Every line below between the line holding "v.retention_days == w.retention_days" and the line holding "lib-IsDigest = record", inclusive, should be repeated exactly, and all other lines omitted.

************

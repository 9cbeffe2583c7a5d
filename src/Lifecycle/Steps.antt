-- ===== src/Lifecycle/Steps.antt =====
-- The stores that commits, prunings and deletions can reach.
use mathlib.Core.Path.{subst}
use Prim.{tt}
use agentic_etf_advisor.Prelude.{
  ℕ, String, ◌≡◌, refl, sym, ap, ◌∙◌, ◌⊎◌, inl, inr, Bool, true, false, not, ◌&&◌, none, some, List,
  [], ◌∷◌, arith, str_eq, str_eq_iff, leb, Bool-cases, Option-cases,
}
use agentic_etf_advisor.Lifecycle.Dict.{
  get_key, pop_key, get_key-put_key, get_key-put_key_other, get_key-pop_key, get_key-pop_key_other,
  IsDict, put_key-IsDict, pop_key-IsDict,
}
use agentic_etf_advisor.Lifecycle.Record.{
  Checked, done, ◌>>=◌, >>=-eq-done, LifecycleRecord, document, Libraries, new_record, Datetime,
}
use agentic_etf_advisor.Lifecycle.Store.{
  LifecycleStore, ManagedSaver, new_memory_store, read_metadata, write_metadata, erase, read,
}
use agentic_etf_advisor.Lifecycle.Sweep.{
  ExpiredPreview, Outcome, erased, prune_one, prune_all, prune, delete,
}
use agentic_etf_advisor.Lifecycle.Session.{
  ChannelValues, semantic_events, renewed, next_values, save, previous_record, updated_record,
  commit,
}
use agentic_etf_advisor.Lifecycle.Valid.{IsDigest, IsStored, model_validate-done}
use agentic_etf_advisor.Lifecycle.Prune.{prune_one-cases}

module _ {D : Type 0} (lib : Libraries D) where
  -- One operation that changes a store.
  infix 40 ◌⟶◌ ◌⟶*◌
  pub data ◌⟶◌ : LifecycleStore D → LifecycleStore D → Type 0 where
    commits :
        {s t : LifecycleStore D} (m after : ManagedSaver D) (thread_id : String)
        (values : ChannelValues) (clock : Datetime)
        → commit lib m thread_id values clock true s ≡ done (after, t)
        → s ⟶ t
    prunes :
        {s t : LifecycleStore D} (p : ExpiredPreview D) (outcomes : List (String × Outcome))
        → prune lib s p ≡ done (outcomes, t)
        → s ⟶ t
    deletes :
        {s t : LifecycleStore D} (name : String) (confirmed : Bool)
        → (delete lib s name confirmed).1 ≡ t
        → s ⟶ t

  pub data ◌⟶*◌ : LifecycleStore D → LifecycleStore D → Type 0 where
    here : {s : LifecycleStore D} → s ⟶* s
    next : {s t u : LifecycleStore D} → s ⟶ t → t ⟶* u → s ⟶* u

  module _ (laws : IsDigest lib) where
    -- Each thread has one stored document at most, which is coherent and names the thread.
    pub record IsSound (s : LifecycleStore D) : Type 0 where
      pub dict : IsDict s.metadata
      pub stored :
          (key : String)
          → (read_metadata s key ≡ none)
            ⊎ ((r : LifecycleRecord D) × IsStored lib laws key (read_metadata s key) r)

    updated_record-IsStored :
        (m : ManagedSaver D) (values : ChannelValues) (clock : Datetime) (s : LifecycleStore D)
        {u : LifecycleRecord D}
        → updated_record lib m values clock s ≡ done u
        → IsStored lib laws m.thread_id (some (document u)) u
    unfolding updated_record new_record next_values
    updated_record-IsStored m values clock s {u} h =
        let (previous, read, h1) = >>=-eq-done (previous_record lib m s) _ h in
        let (events, new, h2) = >>=-eq-done (semantic_events values) _ h1 in
        let (now, renew, h3) = >>=-eq-done (renewed previous.values events clock) _ h2 in
        let (same, valid) = model_validate-done lib laws _ h3 in
        record { stored = refl; valid = valid; named = ground (arith, same) }

    write-IsSound :
        (s : LifecycleStore D) (key : String) (u : LifecycleRecord D)
        → IsStored lib laws key (some (document u)) u
        → IsSound s
        → IsSound (write_metadata (save s key) key (document u))
    unfolding write_metadata save read_metadata
    write-IsSound s key u new sound = record {
      dict = put_key-IsDict key (document u) s.metadata sound.dict;
      stored = λ other. elim (Bool-cases (str_eq other key)) [
        | inl e ↦
            inr
              (u, rw ((str_eq_iff other key).0 e, get_key-put_key key (document u) s.metadata) new)
        | inr e ↦
            rw (get_key-put_key_other key other (document u) s.metadata e) (sound.stored other)
      ];
    }

    commit-IsSound :
        (m after : ManagedSaver D) (thread_id : String) (values : ChannelValues) (clock : Datetime)
        (s t : LifecycleStore D)
        → commit lib m thread_id values clock true s ≡ done (after, t)
        → IsSound s
        → IsSound t
    unfolding commit
    commit-IsSound m after thread_id values clock s t h sound =
        let write : LifecycleRecord D → Checked (ManagedSaver D × LifecycleStore D) = λ updated.
          done (
            record m { creating = false },
            write_metadata (save s m.thread_id) m.thread_id (document updated),
          ) in
        let h1 : (updated_record lib m values clock s >>= write) ≡ done (after, t) =
          ground (arith, h) in
        let (u, made, h2) = >>=-eq-done (updated_record lib m values clock s) write h1 in
        let written : write_metadata (save s m.thread_id) m.thread_id (document u) ≡ t =
          ground (arith, h2) in
        subst IsSound written
          (write-IsSound s m.thread_id u (updated_record-IsStored m values clock s made) sound)

    erase-IsSound : (s : LifecycleStore D) (key : String) → IsSound s → IsSound (erase s key).1
    unfolding erase read_metadata
    erase-IsSound s key sound = record {
      dict = pop_key-IsDict key s.metadata sound.dict;
      stored = λ other. elim (Bool-cases (str_eq other key)) [
        | inl e ↦ inl (
            ap (λ k. get_key k (pop_key key s.metadata)) ((str_eq_iff other key).0 e)
            ∙ get_key-pop_key key s.metadata)
        | inr e ↦ rw (get_key-pop_key_other key other s.metadata e) (sound.stored other)
      ];
    }

    prune_all-IsSound :
        (s : LifecycleStore D) (cutoff : ℕ) (candidates : List (String × D))
        → IsSound s
        → IsSound (prune_all lib s cutoff candidates).1
    unfolding prune_all
    prune_all-IsSound s cutoff [] sound = sound
    prune_all-IsSound s cutoff ((key, expected) ∷ candidates) sound =
        prune_all-IsSound (prune_one lib s cutoff key expected).1 cutoff candidates
          (elim (prune_one-cases lib laws s cutoff key expected) [
            | inl e ↦ subst IsSound (sym e) sound
            | inr (p, e) ↦ subst IsSound (sym e) (erase-IsSound s key sound)
          ])

    delete-IsSound :
        (s : LifecycleStore D) (name : String) (confirmed : Bool)
        → IsSound s
        → IsSound (delete lib s name confirmed).1
    unfolding delete erased
    delete-IsSound s name confirmed sound = elim (Option-cases (lib.uuid4 name)) [
      | inl e ↦ rw (e, delete) sound
      | inr (token, e) ↦ elim (Bool-cases (not confirmed)) [
        | inl c ↦ rw (e, c, delete) sound
        | inr c ↦ rw (e, c, delete) (erase-IsSound s token sound)
      ]
    ]

    step-IsSound : {s t : LifecycleStore D} → s ⟶ t → IsSound s → IsSound t
    unfolding prune delete erased
    step-IsSound {s} {t} (commits m after thread_id values clock h) sound =
        commit-IsSound m after thread_id values clock s t h sound
    step-IsSound {s} {t} (prunes p outcomes h) sound =
        let after : (prune_all lib s p.cutoff p.candidates).1 ≡ t = ground (arith, h) in
        subst IsSound after (prune_all-IsSound s p.cutoff p.candidates sound)
    step-IsSound {s} {t} (deletes name confirmed h) sound =
        subst IsSound h (delete-IsSound s name confirmed sound)

    steps-IsSound : {s t : LifecycleStore D} → s ⟶* t → IsSound s → IsSound t
    steps-IsSound here sound = sound
    steps-IsSound (next step rest) sound = steps-IsSound rest (step-IsSound step sound)

    -- Whatever is committed, pruned and deleted from a new store on, each thread has one stored record at
    -- most, which is coherent and names the thread.
    pub reachable-IsSound :
        (retention_days : ℕ) (s t : LifecycleStore D)
        → new_memory_store retention_days ≡ done s
        → s ⟶* t
        → IsSound t
    unfolding new_memory_store read_metadata get_key
    reachable-IsSound retention_days s t h steps =
        steps-IsSound steps (elim (Bool-cases (leb 1 retention_days && leb retention_days 365)) [
          | inr b ↦ absurd (ground (arith, h, b))
          | inl b ↦
              (let made : (record {
                durable = false;
                retention_days = retention_days;
                metadata = [];
                saved = [];
              })
                    ≡ s =
                  ground (arith, h, b) in
                subst IsSound made (record { dict = tt; stored = λ key. inl refl }))
        ])
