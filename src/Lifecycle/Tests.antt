-- ===== src/Lifecycle/Tests.antt =====
-- The life of one review in a durable and in a memory store, and the lifecycle theorems at it.
use Prim.{tt}
use agentic_etf_advisor.Prelude.{
  ℕ, ◌+◌, ◌*◌, pos, String, ◌||◌, ◌≡◌, refl, ◌⊎◌, ◌↔◌, inl, Bool, true, false, ◌&&◌, none, some,
  List, [], ◌∷◌, arith, str_eq, str_eq_iff, ◌==◌, if◌then◌else◌, In, same_codes,
}
use agentic_etf_advisor.Lifecycle.Events.{contains, sort_events, same_events, add_event, before}
use agentic_etf_advisor.Lifecycle.Dict.{get_key, put_key, pop_key}
use agentic_etf_advisor.Lifecycle.Record.{
  done, day, LifecycleValues, LifecycleRecord, document, Libraries, coherent, model_validate,
  new_record, utc, aware, review_token, read_record, of_thread,
}
use agentic_etf_advisor.Lifecycle.Store.{
  LifecycleStore, ManagedSaver, inspect, active_review, new_memory_store, read_metadata,
  write_metadata, exists, holds, delete_thread, erase, read, thread_token, managed,
}
use agentic_etf_advisor.Lifecycle.Sweep.{
  ExpiredPreview, Outcome, deleted, add_candidate, expired_candidates, preview_expired, erased,
  prune_current, prune_one, prune_all, prune, delete,
}
use agentic_etf_advisor.Lifecycle.Session.{
  ChannelValues, no_values, semantic_events, ledger_events, revision_events, retry_events,
  operation_at, receipts_of, children, requested_retry, is_terminal, renewed, next_values,
  valid_runtime, save, previous_record, updated_record, commit,
}
use agentic_etf_advisor.Lifecycle.Valid.{IsStored-read_record, IsDigest, IsStored}
use agentic_etf_advisor.Lifecycle.Commit.{Extends, commit-Extends}
use agentic_etf_advisor.Lifecycle.Preview.{IsExpired, preview_expired_iff}
use agentic_etf_advisor.Lifecycle.Prune.{prune_safe, prune_live}
use agentic_etf_advisor.Lifecycle.Held.{IsKept, IsGone}
use agentic_etf_advisor.Lifecycle.Steps.{
  ◌⟶*◌, commits, deletes, here, next, IsSound, reachable-IsSound,
}
use agentic_etf_advisor.Lifecycle.Life.{review_lifetime}

-- The digest of a record is the record itself here.
abbrev same_texts : List String → List String → Bool
same_texts [] [] = true
same_texts [] (y ∷ ys) = false
same_texts (x ∷ xs) [] = false
same_texts (x ∷ xs) (y ∷ ys) = str_eq x y && same_texts xs ys

abbrev same_values : LifecycleValues → LifecycleValues → Bool
same_values v w =
    str_eq v.thread_id w.thread_id
    && v.version == w.version
    && v.retention_days == w.retention_days
    && v.last_activity_at == w.last_activity_at
    && v.expires_at == w.expires_at
    && same_texts v.events w.events

same_texts_refl : (xs : List String) → same_texts xs xs ≡ true
same_texts_refl [] = refl
same_texts_refl (x ∷ xs) = ground (arith, str_eq_iff x x, same_texts_refl xs)

same_texts→eq : (xs ys : List String) → same_texts xs ys ≡ true → xs ≡ ys
same_texts→eq [] [] h = refl
same_texts→eq [] (y ∷ ys) h = absurd (cc)
same_texts→eq (x ∷ xs) [] h = absurd (cc)
same_texts→eq (x ∷ xs) (y ∷ ys) h = ground (arith, str_eq_iff x y, same_texts→eq xs ys)

same_values→eq : (v w : LifecycleValues) → same_values v w ≡ true → v ≡ w
same_values→eq v w h =
    let thread : v.thread_id ≡ w.thread_id =
      ground (arith, h, str_eq_iff v.thread_id w.thread_id) in
    let version : v.version ≡ w.version = ground (arith, h) in
    let days : v.retention_days ≡ w.retention_days = ground (arith, h) in
    let last : v.last_activity_at ≡ w.last_activity_at = ground (arith, h) in
    let expiry : v.expires_at ≡ w.expires_at = ground (arith, h) in
    let events : v.events ≡ w.events = ground (arith, h, same_texts→eq v.events w.events) in
    λ i. record {
      thread_id = thread i;
      version = version i;
      retention_days = days i;
      last_activity_at = last i;
      expires_at = expiry i;
      events = events i;
    }

abbrev first_values : LifecycleValues
first_values = record {
  thread_id = "a";
  version = 1;
  retention_days = 30;
  last_activity_at = 1_000;
  expires_at = 1_000 + 30 * day;
  events = "creation" ∷ [];
}

abbrev lib : Libraries LifecycleValues
lib = record {
  digest = λ v. v;
  preview_digest = λ cutoff candidates. record first_values { last_activity_at = cutoff };
  same = same_values;
  uuid4 = λ token. some token;
}

lib-IsDigest : IsDigest lib
lib-IsDigest = record {
  same_refl = λ v. ground (arith, str_eq_iff v.thread_id v.thread_id, same_texts_refl v.events);
  same_eq = same_values→eq;
  injective = λ v w e. e;
}

abbrev first_record : LifecycleRecord LifecycleValues
first_record = record { values = first_values; integrity = first_values }

abbrev empty_store : LifecycleStore LifecycleValues
empty_store = record { durable = true; retention_days = 30; metadata = []; saved = [] }

abbrev one_review : LifecycleStore LifecycleValues
one_review = record empty_store { metadata = ("a", document first_record) ∷ []; saved = "a" ∷ [] }

-- A decision on a first revision that was approved after one retry.
abbrev approved : ChannelValues
approved = record {
  ledger = some (record {
    decisions = "d1" ∷ [];
    revisions =
        (record {
          revision_id = "r0";
          status = "approved";
          terminal_digest = "t0";
          receipts =
              record { stage = "evidence"; attempt = 1; operation_id = "o1" }
              ∷ record { stage = "evidence"; attempt = 2; operation_id = "o2" }
              ∷ [];
        })
        ∷ [];
  });
  status = some "approved";
  retry_operation_id = none;
}

abbrev resumed : ManagedSaver LifecycleValues
resumed = record { thread_id = "a"; initial = first_record; creating = false; active = true }

approved-events : semantic_events approved ≡ done ("decision:d1" ∷ "retry:o1" ∷ "terminal:t0" ∷ [])
unfolding semantic_events ledger_events revision_events retry_events children requested_retry
    is_terminal operation_at receipts_of
approved-events = refl

abbrev committed_events : List String
committed_events = "decision:d1" ∷ "retry:o1" ∷ "terminal:t0" ∷ []

first_record-coherent : coherent lib first_record ≡ true
unfolding coherent contains sort_events add_event same_events same_codes
first_record-coherent = refl

one_review-IsStored : IsStored lib lib-IsDigest "a" (read_metadata one_review "a") first_record
unfolding read_metadata get_key
one_review-IsStored = record { stored = refl; valid = first_record-coherent; named = refl }

commit-Extends_example :
    (t : LifecycleStore LifecycleValues) × (u : LifecycleRecord LifecycleValues) × (commit lib
        resumed "a" approved
        (aware 2_000 (pos 0))
        true
        one_review
      ≡ done (record resumed { creating = false }, t))
    × (read lib t "a" ≡ done u)
    × Extends false committed_events 2_000 first_values u.values
    × (t.durable ≡ true)
    × ((other : String)
        → read_metadata t other
          ≡ (if str_eq other "a" then some (document u) else read_metadata one_review other))
    × ((other : String) → exists t other ≡ (str_eq other "a" || exists one_review other))
unfolding previous_record read
commit-Extends_example =
    commit-Extends lib lib-IsDigest resumed approved 2_000 one_review first_record committed_events
      refl
      (IsStored-read_record lib lib-IsDigest "a" (read_metadata one_review "a") one_review-IsStored)
      first_record-coherent approved-events (omega arith)

abbrev late : ℕ
late = 1_000 + 31 * day

abbrev previewed : ExpiredPreview LifecycleValues
previewed = record {
  cutoff = late;
  candidates = ("a", first_values) ∷ [];
  integrity = record first_values { last_activity_at = late };
}

one_review-previewed : preview_expired lib one_review (aware late (pos 0)) ≡ done previewed
unfolding preview_expired expired_candidates add_candidate model_validate utc
one_review-previewed = rw first_record-coherent refl

one_review-IsExpired :
    IsExpired lib lib-IsDigest true late "a" (read_metadata one_review "a") first_record
one_review-IsExpired = record {
  stored = one_review-IsStored;
  durable_store = refl;
  past = omega arith;
}

preview_expired_iff_example : In ("a", first_values) previewed.candidates ↔ (
    (r : LifecycleRecord LifecycleValues) × IsExpired lib lib-IsDigest true late "a"
      (read_metadata one_review "a")
      r
    × (first_values ≡ r.integrity))
unfolding get_key
preview_expired_iff_example =
    preview_expired_iff lib lib-IsDigest one_review (aware late (pos 0)) previewed (refl, tt)
      one_review-previewed "a" first_values

-- The store after the deletion.
pruned-empty : prune lib one_review previewed ≡ done (("a", deleted) ∷ [], empty_store)
unfolding prune prune_all prune_one prune_current erased erase read read_record of_thread
    read_metadata get_key pop_key exists holds delete_thread model_validate
pruned-empty = rw first_record-coherent refl

prune_safe_example :
    IsKept "a" one_review empty_store
    ⊎ ((r : LifecycleRecord LifecycleValues) × IsExpired lib lib-IsDigest true late "a"
          (read_metadata one_review "a")
          r
        × (read_metadata one_review "a" ≡ some (document r))
        × IsGone "a" empty_store)
unfolding get_key
prune_safe_example =
    prune_safe lib lib-IsDigest one_review one_review (aware late (pos 0)) previewed
      (("a", deleted) ∷ []) empty_store (refl, tt) one_review-previewed pruned-empty "a"

prune_live_example :
    (outcomes : List (String × Outcome)) × (pruned : LifecycleStore LifecycleValues) × (prune lib
        one_review previewed
      ≡ done (outcomes, pruned))
    × IsGone "a" pruned
unfolding get_key
prune_live_example =
    prune_live lib lib-IsDigest one_review one_review (aware late (pos 0)) previewed "a"
      first_record (refl, tt) one_review-previewed one_review-IsExpired one_review-IsStored.stored
      refl

abbrev memory_store : LifecycleStore LifecycleValues
memory_store = record { durable = false; retention_days = 30; metadata = []; saved = [] }

-- A first save in memory, and its deletion.
memory_steps : ◌⟶*◌ lib memory_store memory_store
unfolding commit updated_record previous_record semantic_events renewed next_values valid_runtime
    new_record model_validate delete erased erase write_metadata save put_key pop_key exists holds
    delete_thread coherent contains sort_events add_event same_events same_codes before
memory_steps =
    next
      (commits
        {t = record memory_store { metadata = ("a", document first_record) ∷ []; saved = "a" ∷ [] }}
        (record resumed { creating = true }) resumed "a" no_values (aware 1_000 (pos 0)) refl)
      (next (deletes "a" true refl) here)

reachable-IsSound_example : IsSound lib lib-IsDigest memory_store
unfolding new_memory_store
reachable-IsSound_example =
    reachable-IsSound lib lib-IsDigest 30 memory_store memory_store refl memory_steps

review_lifetime_example :
    (m after resumed : ManagedSaver LifecycleValues) × (t : LifecycleStore LifecycleValues)
    × (managed lib empty_store "a" true (aware 1_000 (pos 0)) ≡ done m)
    × (commit lib m "a" approved (aware 2_000 (pos 0)) true empty_store ≡ done (after, t))
    × (managed lib t "a" false (aware day (pos 0)) ≡ done resumed)
    × (inspect lib t "a" (aware day (pos 0)) ≡ done (active_review resumed.initial))
    × (resumed.initial.values.version ≡ 1)
    × (resumed.initial.values.retention_days ≡ 30)
unfolding thread_token review_token read_metadata get_key exists holds
review_lifetime_example =
    review_lifetime lib lib-IsDigest empty_store "a" "a" approved committed_events 1_000 2_000 day
      refl refl refl (omega arith) (omega arith) approved-events (omega arith) (omega arith)
      (inl (omega arith))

************

** RESULT OF THE EXERCISE **
    && v.retention_days == w.retention_days
    && v.last_activity_at == w.last_activity_at
    && v.expires_at == w.expires_at
    && same_texts v.events w.events

same_texts_refl : (xs : List String) → same_texts xs xs ≡ true
same_texts_refl [] = refl
same_texts_refl (x ∷ xs) = ground (arith, str_eq_iff x x, same_texts_refl xs)

same_texts→eq : (xs ys : List String) → same_texts xs ys ≡ true → xs ≡ ys
same_texts→eq [] [] h = refl
same_texts→eq [] (y ∷ ys) h = absurd (cc)
same_texts→eq (x ∷ xs) [] h = absurd (cc)
same_texts→eq (x ∷ xs) (y ∷ ys) h = ground (arith, str_eq_iff x y, same_texts→eq xs ys)

same_values→eq : (v w : LifecycleValues) → same_values v w ≡ true → v ≡ w
same_values→eq v w h =
    let thread : v.thread_id ≡ w.thread_id =
      ground (arith, h, str_eq_iff v.thread_id w.thread_id) in
    let version : v.version ≡ w.version = ground (arith, h) in
    let days : v.retention_days ≡ w.retention_days = ground (arith, h) in
    let last : v.last_activity_at ≡ w.last_activity_at = ground (arith, h) in
    let expiry : v.expires_at ≡ w.expires_at = ground (arith, h) in
    let events : v.events ≡ w.events = ground (arith, h, same_texts→eq v.events w.events) in
    λ i. record {
      thread_id = thread i;
      version = version i;
      retention_days = days i;
      last_activity_at = last i;
      expires_at = expiry i;
      events = events i;
    }

abbrev first_values : LifecycleValues
first_values = record {
  thread_id = "a";
  version = 1;
  retention_days = 30;
  last_activity_at = 1_000;
  expires_at = 1_000 + 30 * day;
  events = "creation" ∷ [];
}

abbrev lib : Libraries LifecycleValues
lib = record {
  digest = λ v. v;
  preview_digest = λ cutoff candidates. record first_values { last_activity_at = cutoff };
  same = same_values;
  uuid4 = λ token. some token;
}

lib-IsDigest : IsDigest lib
lib-IsDigest = record {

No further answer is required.